Banksia rufa subsp. obliquiloba
- Conservation status: Priority Three — Poorly Known Taxa (DEC)

Scientific classification
- Kingdom: Plantae
- Clade: Tracheophytes
- Clade: Angiosperms
- Clade: Eudicots
- Order: Proteales
- Family: Proteaceae
- Genus: Banksia
- Species: B. rufa
- Subspecies: B. r. subsp. obliquiloba
- Trinomial name: Banksia rufa subsp. obliquiloba (A.S.George) A.R.Mast & K.R.Thiele
- Synonyms: Dryandra ferruginea subsp. obliquiloba A.S.George;

= Banksia rufa subsp. obliquiloba =

Subspecies of shrub

Banksia rufa subsp. obliquiloba is a subspecies of Banksia rufa.
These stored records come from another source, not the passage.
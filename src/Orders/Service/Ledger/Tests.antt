-- ===== src/Orders/Service/Ledger/Tests.antt =====
-- Two customers and three keys, while user-service goes down.
use platform_engineering_lab.Prelude.{
  ◌≡◌, refl, String, List, [], ◌∷◌, none, some, ok, throw, true, false,
}
use native.Mathlib.Decide.{dec_le}
use platform_engineering_lab.Effects.{Act}
use platform_engineering_lab.Js.Text.{to_lower_case}
use platform_engineering_lab.Database.Errors.{JsError}
use platform_engineering_lab.Database.Filter.{http}
use platform_engineering_lab.Orders.Types.{CreateOrderDto, DomainEvent, World}
use platform_engineering_lab.Orders.Cache
use platform_engineering_lab.Orders.Cache.{Redis}
use platform_engineering_lab.Orders.Directory.Samples.{redis_down, directory_config}
use platform_engineering_lab.Orders.Directory.{
  response, failed, fetch_from, UserService, exists, fetch_exists, step_of, lookup_unavailable,
}
use platform_engineering_lab.Orders.Service.{
  create, create_new, store_and_publish, store_order, publish_created, find_by_key, replay,
  event_of, key_used,
}
use platform_engineering_lab.Orders.Service.Samples.{Tables, tables_store, new_order}
use platform_engineering_lab.Orders.Service.Ledger.{Asked, Outcome, OnePerKey, run, run-OnePerKey}

abbrev deliver : DomainEvent → Act JsError (List DomainEvent) (Unit {0})
deliver event sent = (ok tt, event ∷ sent)

abbrev everybody : UserService
everybody request attempt = response 200

abbrev nobody : UserService
nobody request attempt = failed "timeout"

abbrev order_of : String → CreateOrderDto
order_of user_id = record { user_id = user_id; amount = 1250; description = "book" }

abbrev asked_with : String → String → UserService → Asked
asked_with user_id key users = record {
  dto = order_of user_id;
  key = some key;
  correlation_id = "c-1";
  authorization = none;
  stamp = record { event_id = "e-1"; occurred_at = "2024-01-01T00:00:00Z" };
  users = users;
}

-- A new order, a lookup that fails, the same request again, and another user's request under its key.
abbrev morning : List Asked
morning =
    asked_with "ab" "k" everybody
    ∷ asked_with "cd" "j" nobody
    ∷ asked_with "ab" "k" nobody
    ∷ asked_with "cd" "k" everybody
    ∷ []

abbrev empty : World Tables Unit (List DomainEvent)
empty = record {
  db = record { keys = []; orders = []; ids = "o-1" ∷ "o-2" ∷ [] };
  redis = tt;
  broker = [];
  counts = [];
}

abbrev outcomes : List Outcome
outcomes =
    (some "k", ok (record { order = new_order (order_of "ab") "CREATED" "o-1"; created = true }))
    ∷ (some "j", throw (http lookup_unavailable))
    ∷ (some "k", ok (record { order = new_order (order_of "ab") "CREATED" "o-1"; created = false }))
    ∷ (some "k", throw (http key_used))
    ∷ []

morning-run : run tables_store redis_down directory_config deliver morning empty ≡ outcomes
unfolding create create_new store_and_publish store_order publish_created find_by_key replay
    event_of exists fetch_exists fetch_from step_of Cache.get Cache.set to_lower_case dec_le
morning-run = refl

run-OnePerKey_example :
    OnePerKey (run tables_store redis_down directory_config deliver morning empty)
run-OnePerKey_example = run-OnePerKey tables_store redis_down directory_config deliver morning empty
It was known as Dryandra ferruginea subsp. obliquiloba until 2007, when Austin Mast and Kevin Thiele sunk all Dryandra into Banksia. Since the name Banksia ferruginea had already been used, Mast and Thiele had to choose a new specific epithet for D. ferruginea and hence for this subspecies of it. As with other members of Banksia ser. Dryandra, it is endemic to the South West Botanical Province of Western Australia.